→ **EXERCISE GOAL**
Every line of the entries below from the one containing "-- What the" to the one containing "-- admissionv1.AdmissionResponse; where", both ends included, must be written out exactly. No other line belongs in the answer.

^^^^

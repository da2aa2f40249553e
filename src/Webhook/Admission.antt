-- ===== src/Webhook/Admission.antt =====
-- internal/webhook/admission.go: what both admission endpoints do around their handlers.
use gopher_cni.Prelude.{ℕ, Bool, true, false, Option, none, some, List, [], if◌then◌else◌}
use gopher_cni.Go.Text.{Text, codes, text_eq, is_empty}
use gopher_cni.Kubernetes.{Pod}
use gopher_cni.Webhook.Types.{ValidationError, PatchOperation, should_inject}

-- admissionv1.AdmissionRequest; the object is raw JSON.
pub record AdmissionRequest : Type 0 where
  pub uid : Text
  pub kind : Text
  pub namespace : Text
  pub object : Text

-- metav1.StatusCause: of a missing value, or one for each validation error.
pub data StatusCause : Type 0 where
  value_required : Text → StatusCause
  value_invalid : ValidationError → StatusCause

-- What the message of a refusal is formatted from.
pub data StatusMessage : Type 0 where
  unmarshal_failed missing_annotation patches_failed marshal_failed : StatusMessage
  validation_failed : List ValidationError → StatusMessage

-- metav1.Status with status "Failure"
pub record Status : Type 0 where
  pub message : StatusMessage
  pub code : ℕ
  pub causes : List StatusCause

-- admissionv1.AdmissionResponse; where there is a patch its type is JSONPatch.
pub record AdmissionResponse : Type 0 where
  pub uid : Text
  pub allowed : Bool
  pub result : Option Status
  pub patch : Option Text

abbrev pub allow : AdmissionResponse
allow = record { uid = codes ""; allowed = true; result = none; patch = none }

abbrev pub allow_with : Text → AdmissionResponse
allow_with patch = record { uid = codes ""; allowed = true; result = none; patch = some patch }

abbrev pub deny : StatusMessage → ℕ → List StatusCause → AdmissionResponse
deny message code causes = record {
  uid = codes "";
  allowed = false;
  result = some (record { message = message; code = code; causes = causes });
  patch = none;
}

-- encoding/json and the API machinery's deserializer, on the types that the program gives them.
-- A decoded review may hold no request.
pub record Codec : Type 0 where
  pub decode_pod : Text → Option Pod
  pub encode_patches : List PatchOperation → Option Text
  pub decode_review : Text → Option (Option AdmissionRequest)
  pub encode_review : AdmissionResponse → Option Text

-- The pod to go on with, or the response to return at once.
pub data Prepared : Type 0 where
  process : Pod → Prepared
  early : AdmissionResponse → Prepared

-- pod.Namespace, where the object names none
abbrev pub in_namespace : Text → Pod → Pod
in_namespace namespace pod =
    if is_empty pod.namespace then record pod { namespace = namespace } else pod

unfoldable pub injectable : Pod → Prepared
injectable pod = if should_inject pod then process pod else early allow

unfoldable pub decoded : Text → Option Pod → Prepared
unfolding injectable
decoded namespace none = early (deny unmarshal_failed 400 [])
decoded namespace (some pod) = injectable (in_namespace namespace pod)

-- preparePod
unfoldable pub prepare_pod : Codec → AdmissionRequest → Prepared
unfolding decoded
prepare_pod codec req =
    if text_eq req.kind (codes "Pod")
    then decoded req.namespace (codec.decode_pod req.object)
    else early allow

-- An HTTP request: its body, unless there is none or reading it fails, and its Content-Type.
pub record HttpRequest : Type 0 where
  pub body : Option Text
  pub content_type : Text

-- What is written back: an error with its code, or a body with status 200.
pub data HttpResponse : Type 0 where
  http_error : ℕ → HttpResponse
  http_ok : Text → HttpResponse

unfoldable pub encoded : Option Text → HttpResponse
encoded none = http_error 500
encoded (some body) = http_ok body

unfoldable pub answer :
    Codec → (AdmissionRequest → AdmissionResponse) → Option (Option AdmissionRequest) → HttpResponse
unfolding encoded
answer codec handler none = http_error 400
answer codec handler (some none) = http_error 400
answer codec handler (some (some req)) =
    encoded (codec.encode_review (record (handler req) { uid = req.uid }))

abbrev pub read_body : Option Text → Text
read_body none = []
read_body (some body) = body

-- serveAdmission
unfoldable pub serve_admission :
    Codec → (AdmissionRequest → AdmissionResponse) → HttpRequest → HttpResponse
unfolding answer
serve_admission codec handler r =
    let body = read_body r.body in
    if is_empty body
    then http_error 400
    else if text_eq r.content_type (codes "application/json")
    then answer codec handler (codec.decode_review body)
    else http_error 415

^^^^

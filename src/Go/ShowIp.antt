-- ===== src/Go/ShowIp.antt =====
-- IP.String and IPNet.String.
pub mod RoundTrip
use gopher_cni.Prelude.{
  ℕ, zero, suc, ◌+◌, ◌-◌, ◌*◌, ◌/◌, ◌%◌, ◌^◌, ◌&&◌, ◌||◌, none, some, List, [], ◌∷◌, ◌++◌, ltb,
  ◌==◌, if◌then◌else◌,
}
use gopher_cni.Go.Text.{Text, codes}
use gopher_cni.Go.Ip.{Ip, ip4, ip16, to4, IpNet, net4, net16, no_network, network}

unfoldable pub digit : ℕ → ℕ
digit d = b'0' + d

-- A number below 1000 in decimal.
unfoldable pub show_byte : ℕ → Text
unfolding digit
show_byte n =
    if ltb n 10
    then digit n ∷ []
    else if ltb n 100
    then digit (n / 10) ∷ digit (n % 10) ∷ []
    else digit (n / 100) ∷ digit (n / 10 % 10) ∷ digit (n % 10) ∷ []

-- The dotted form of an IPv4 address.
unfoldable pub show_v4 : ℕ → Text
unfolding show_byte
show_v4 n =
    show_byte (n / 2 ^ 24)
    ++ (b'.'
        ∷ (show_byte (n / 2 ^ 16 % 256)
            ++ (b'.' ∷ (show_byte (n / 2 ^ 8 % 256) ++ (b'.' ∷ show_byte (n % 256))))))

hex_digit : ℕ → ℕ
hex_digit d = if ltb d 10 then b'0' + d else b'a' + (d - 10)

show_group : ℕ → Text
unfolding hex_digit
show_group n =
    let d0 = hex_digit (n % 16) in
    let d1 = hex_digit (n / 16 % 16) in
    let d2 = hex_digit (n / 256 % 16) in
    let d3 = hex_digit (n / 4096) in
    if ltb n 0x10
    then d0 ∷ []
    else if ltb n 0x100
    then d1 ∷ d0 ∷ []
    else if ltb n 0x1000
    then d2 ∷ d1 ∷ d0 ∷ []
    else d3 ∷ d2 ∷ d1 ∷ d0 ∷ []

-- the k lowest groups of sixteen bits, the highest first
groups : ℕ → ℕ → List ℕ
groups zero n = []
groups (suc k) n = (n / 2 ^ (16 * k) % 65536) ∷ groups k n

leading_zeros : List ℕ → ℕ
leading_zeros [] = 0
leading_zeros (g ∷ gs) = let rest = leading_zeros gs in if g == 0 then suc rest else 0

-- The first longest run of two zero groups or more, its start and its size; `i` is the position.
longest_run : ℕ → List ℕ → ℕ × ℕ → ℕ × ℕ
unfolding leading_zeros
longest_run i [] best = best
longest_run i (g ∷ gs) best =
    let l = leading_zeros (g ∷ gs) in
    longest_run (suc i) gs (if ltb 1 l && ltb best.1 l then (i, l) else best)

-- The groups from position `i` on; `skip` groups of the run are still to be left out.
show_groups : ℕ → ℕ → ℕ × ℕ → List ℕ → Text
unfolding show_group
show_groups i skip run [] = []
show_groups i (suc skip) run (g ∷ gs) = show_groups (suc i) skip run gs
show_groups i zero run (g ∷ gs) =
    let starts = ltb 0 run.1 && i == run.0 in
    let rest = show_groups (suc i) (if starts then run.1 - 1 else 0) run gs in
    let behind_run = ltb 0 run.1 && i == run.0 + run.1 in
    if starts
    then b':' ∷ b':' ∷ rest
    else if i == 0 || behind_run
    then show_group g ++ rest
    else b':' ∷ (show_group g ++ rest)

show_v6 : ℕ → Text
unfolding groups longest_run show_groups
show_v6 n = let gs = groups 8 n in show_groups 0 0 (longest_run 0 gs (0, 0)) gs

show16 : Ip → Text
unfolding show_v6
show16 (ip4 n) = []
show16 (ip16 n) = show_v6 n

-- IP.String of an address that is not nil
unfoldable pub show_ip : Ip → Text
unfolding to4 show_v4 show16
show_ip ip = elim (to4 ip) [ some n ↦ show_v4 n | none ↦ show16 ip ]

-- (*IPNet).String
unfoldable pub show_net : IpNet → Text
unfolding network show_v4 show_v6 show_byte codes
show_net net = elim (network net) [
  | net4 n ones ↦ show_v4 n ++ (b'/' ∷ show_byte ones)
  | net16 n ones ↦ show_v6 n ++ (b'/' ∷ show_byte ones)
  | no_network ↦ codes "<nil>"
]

^^^^

→ **WRITTEN SOLUTION**
-- What the message of a refusal is formatted from.
pub data StatusMessage : Type 0 where
  unmarshal_failed missing_annotation patches_failed marshal_failed : StatusMessage
  validation_failed : List ValidationError → StatusMessage

-- metav1.Status with status "Failure"
pub record Status : Type 0 where
  pub message : StatusMessage
  pub code : ℕ
  pub causes : List StatusCause

-- admissionv1.AdmissionResponse; where there is a patch its type is JSONPatch.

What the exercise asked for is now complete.